No one, in other words, is responsible for this mess. Well, the Iraqis are, according to Ms. Pletka; or the Congress is, according to Gen. Eaton; or Americans are, because of their gross ignorance, according to Professor Slaughter (it's a good thing she's not an advisor to a Presidential candidate!); or the Administration is, for making us believe they were competent when, in fact, they weren't. Or somebody wasn't. Maybe it was just Rumsfeld's fault (Gen. Eaton, again).

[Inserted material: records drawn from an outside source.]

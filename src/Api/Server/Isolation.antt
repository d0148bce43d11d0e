-- ===== src/Api/Server/Isolation.antt =====
-- The tenants of the server against each other: what one organisation asks for, and what agents
-- and probe nodes send, leaves the tables as they look to another.
use bangmod_monitor.Prelude.{
  String, false, Option, none, some, List, [], ◌∷◌, ◌≡◌, refl, ap, str_eq, filter,
}
use bangmod_monitor.Api.Store.{Maria}
use bangmod_monitor.Api.Store.Hosts.Laws.{hosts_in}
use bangmod_monitor.Api.Store.Reports
use bangmod_monitor.Api.Agents
use bangmod_monitor.Api.Agents.{HostReply, create, delete, rotate, auth}
use bangmod_monitor.Api.Agents.Tokens.{hosts_are_separate}
use bangmod_monitor.Api.Agents.Rest.{OnlyHosts, create-rest, delete-rest, rotate-rest, auth-rest}
use bangmod_monitor.Api.Accounts.{Claims}
use bangmod_monitor.Api.Accounts.Sessions.{require_auth}
use bangmod_monitor.Api.Billing
use bangmod_monitor.Api.Billing.Rest.{add_region_keeps, remove_region_keeps}
use bangmod_monitor.Api.Ingest.{AgentMetrics}
use bangmod_monitor.Api.Server.View.{
  LooksSame, LooksSame-refl, LooksSame-trans, regions_in, subscriptions_in, regions_in-insert,
  regions_in-delete,
}
use bangmod_monitor.Api.Server.Registration.{register-same}
use bangmod_monitor.Api.Server.Events.{IsWebhookApart, IsWebhookApart-same, webhook-same}
use bangmod_monitor.Api.Server.{
  World, Env, Customer, me, list_hosts, create_host, delete_host, rotate_token, host_points,
  overview, new_checkout, new_portal, regions, enable_region, disable_region, invoice_list,
  admin_orgs, admin_stats, Request, health, new_account, new_session, stripe_event, agent_report,
  probe_report, probe_results, customer, agents_state, guarded, ingest_guarded, serve_customer,
  serve, serve_all,
}

-- A handler of the hosts that keeps the hosts of `q`
hosts-same :
    (q : String) (s : Agents.State) (r : HostReply × Agents.State)
    → OnlyHosts s r
    → hosts_in q r.1.maria.hosts ≡ hosts_in q s.maria.hosts
    → LooksSame q s.maria r.1.maria
hosts-same q s r rest same = record {
  hosts = same;
  regions = ap (λ (m : Maria). regions_in q m.org_regions) rest;
  subscriptions = ap (λ (m : Maria). subscriptions_in q m.subscriptions) rest;
  invoices = ap (λ (m : Maria). filter (Reports.of_org q) m.invoices) rest;
  plans = ap (λ (m : Maria). m.plans) rest;
}

module _ (q : String) (e : Billing.Env) (org region : String) (m : Maria)
    (ne : str_eq org q ≡ false) where
  add_region-same : LooksSame q m (Billing.add_region e org region m).1
  add_region-same = add_region_keeps (LooksSame q m) e org region m (LooksSame-refl q m) (record {
    hosts = refl;
    regions = regions_in-insert org q ne e.uuid region e.now m.org_regions;
    subscriptions = refl;
    invoices = refl;
    plans = refl;
  })

  remove_region-same : LooksSame q m (Billing.remove_region e org region m).1
  remove_region-same =
      remove_region_keeps (LooksSame q m) e org region m (LooksSame-refl q m) (record {
        hosts = refl;
        regions = regions_in-delete org q ne region m.org_regions;
        subscriptions = refl;
        invoices = refl;
        plans = refl;
      })

customer-same :
    (q : String) (e : Env) (c : Claims) (r : Customer) (w : World)
    → str_eq c.org_id q ≡ false
    → LooksSame q w.maria (serve_customer e c r w).1.maria
unfolding serve_customer
customer-same q e c (create_host req) w ne =
    let s = agents_state w in
    hosts-same q s (create e.agents c.org_id req s) (create-rest e.agents c.org_id req s)
      (hosts_are_separate e.agents c.org_id q "" req s ne).0
customer-same q e c (delete_host id) w ne =
    let s = agents_state w in
    hosts-same q s (delete e.agents c.org_id id s) (delete-rest e.agents c.org_id id s)
      (hosts_are_separate e.agents c.org_id q id none s ne).1
customer-same q e c (rotate_token id) w ne =
    let s = agents_state w in
    hosts-same q s (rotate e.agents c.org_id id s) (rotate-rest e.agents c.org_id id s)
      (hosts_are_separate e.agents c.org_id q id none s ne).2
customer-same q e c (enable_region r) w ne = add_region-same q e.billing c.org_id r w.maria ne
customer-same q e c (disable_region r) w ne = remove_region-same q e.billing c.org_id r w.maria ne
customer-same q e c me w ne = LooksSame-refl q w.maria
customer-same q e c list_hosts w ne = LooksSame-refl q w.maria
customer-same q e c (host_points id) w ne = LooksSame-refl q w.maria
customer-same q e c overview w ne = LooksSame-refl q w.maria
customer-same q e c (new_checkout plan) w ne = LooksSame-refl q w.maria
customer-same q e c new_portal w ne = LooksSame-refl q w.maria
customer-same q e c regions w ne = LooksSame-refl q w.maria
customer-same q e c invoice_list w ne = LooksSame-refl q w.maria
customer-same q e c admin_orgs w ne = LooksSame-refl q w.maria
customer-same q e c admin_stats w ne = LooksSame-refl q w.maria

-- The session is not of `q`: there is none, or it is of another organisation.
abbrev IsForeign : String → Option Claims → Type 0
IsForeign q none = Unit
IsForeign q (some c) = str_eq c.org_id q ≡ false

-- The request is not of `q`, with these tables: it does not register an organisation under the id
-- `q`, it brings no session of `q`, and it brings no event of Stripe for `q`.
abbrev IsApart : String → Maria → Env → Request → Type 0
IsApart q m e health = Unit
IsApart q m e (new_account req) = str_eq e.accounts.org_id q ≡ false
IsApart q m e (new_session req) = Unit
IsApart q m e (stripe_event body) = IsWebhookApart q e.billing m body
IsApart q m e (agent_report header body) = Unit
IsApart q m e (probe_report secret body) = Unit
IsApart q m e (probe_results url region) = Unit
IsApart q m e (customer header r) = IsForeign q (require_auth e.verify header)

IsApart-same :
    (q : String) (e : Env) (r : Request) {m n : Maria}
    → LooksSame q m n
    → IsApart q m e r
    → IsApart q n e r
IsApart-same q e health same h = h
IsApart-same q e (new_account req) same h = h
IsApart-same q e (new_session req) same h = h
IsApart-same q e (stripe_event body) same h = IsWebhookApart-same q e.billing body same h
IsApart-same q e (agent_report header body) same h = h
IsApart-same q e (probe_report secret body) same h = h
IsApart-same q e (probe_results url region) same h = h
IsApart-same q e (customer header r) same h = h

guarded-same :
    (q : String) (e : Env) (o : Option Claims) (r : Customer) (w : World)
    → IsForeign q o
    → LooksSame q w.maria (guarded e o r w).1.maria
guarded-same q e none r w h = LooksSame-refl q w.maria
guarded-same q e (some c) r w h = customer-same q e c r w h

ingest-same :
    (q : String) (e : Env) (body : Option AgentMetrics) (w : World)
    (r : Agents.State × Option (String × String))
    → r.0.maria ≡ w.maria
    → LooksSame q w.maria (ingest_guarded e body w r).1.maria
ingest-same q e body w (s, none) same = rw same (LooksSame-refl q w.maria)
ingest-same q e body w (s, some (host_id, org_id)) same = rw same (LooksSame-refl q w.maria)

serve-same :
    (q : String) (e : Env) (r : Request) (w : World)
    → IsApart q w.maria e r
    → LooksSame q w.maria (serve e r w).1.maria
unfolding serve
serve-same q e health w h = LooksSame-refl q w.maria
serve-same q e (new_account req) w h = register-same q e.accounts req w.maria h
serve-same q e (new_session req) w h = LooksSame-refl q w.maria
serve-same q e (stripe_event body) w h = webhook-same q e.billing body w.maria h
serve-same q e (agent_report header body) w h =
    ingest-same q e body w (auth e.agents header (agents_state w))
      (auth-rest e.agents header (agents_state w))
serve-same q e (probe_report secret body) w h = LooksSame-refl q w.maria
serve-same q e (probe_results url region) w h = LooksSame-refl q w.maria
serve-same q e (customer header r) w h = guarded-same q e (require_auth e.verify header) r w h

-- Each request of the list is apart from `q`, with these tables.
abbrev pub AreApart : String → Maria → List (Env × Request) → Type 0
AreApart q m [] = Unit
AreApart q m ((e, r) ∷ rs) = IsApart q m e r × AreApart q m rs

AreApart-same :
    (q : String) (rs : List (Env × Request)) {m n : Maria}
    → LooksSame q m n
    → AreApart q m rs
    → AreApart q n rs
AreApart-same q [] same h = tt
AreApart-same q ((e, r) ∷ rs) same (p, h) = (IsApart-same q e r same p, AreApart-same q rs same h)

-- Whatever requests come that are not of an organisation, in any order and whatever fails in
-- them, the tables look to it as before: its hosts, its regions, its subscription, its invoices
-- and the plans. Of it are only a registration that draws its id, the requests with a session of
-- it, and some events of Stripe: where its rows, as they were before, have the identifier by which
-- the handler looks for the subscription, which is the empty one for a checkout, or have the
-- identifier of the new invoice; and, if its id is empty, every checkout and every paid invoice.
pub serve_all-LooksSame :
    (q : String) (rs : List (Env × Request)) (w : World)
    → AreApart q w.maria rs
    → LooksSame q w.maria (serve_all rs w).maria
unfolding serve_all
serve_all-LooksSame q [] w h = LooksSame-refl q w.maria
serve_all-LooksSame q ((e, r) ∷ rs) w (p, h) =
    let one = serve-same q e r w p in
    LooksSame-trans one (serve_all-LooksSame q rs (serve e r w).1 (AreApart-same q rs one h))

What's interesting is that none of the people responsible for cheerleading this fiasco is willing to say: "I was wrong. It's been a disaster. Mea culpa, mea culpa, mea maxima culpa." Mr. Perle, Ms. Pletka, Mr. Kagan, Mr. Bremer, and Mr. Cordesman all agree it was a splendid idea, at first. Mr. Cordesman and Ms. Pletka, along with Mr. Flick, even run up the old excuse that, if they were fooled about "WMD" and chemical weapons and all the other excuses for this war that have proved bootless, then they were in good company. (Mr. Flick even references Colin Powell's UN testimony, without a hint of irony at what a pack of lies it was.) All in all, a remarkably "expert" performance. But hardly an unexpected one. And perhaps, more than any other example I could name, a microcosm of why Barack Obama (who is relatively unstained by this war, or by association with such "expertise) has come from nowhere to do so well in the Democratic primaries; and why turnout in the primaries is setting records in many states.

Maybe people are just sick of the excuses.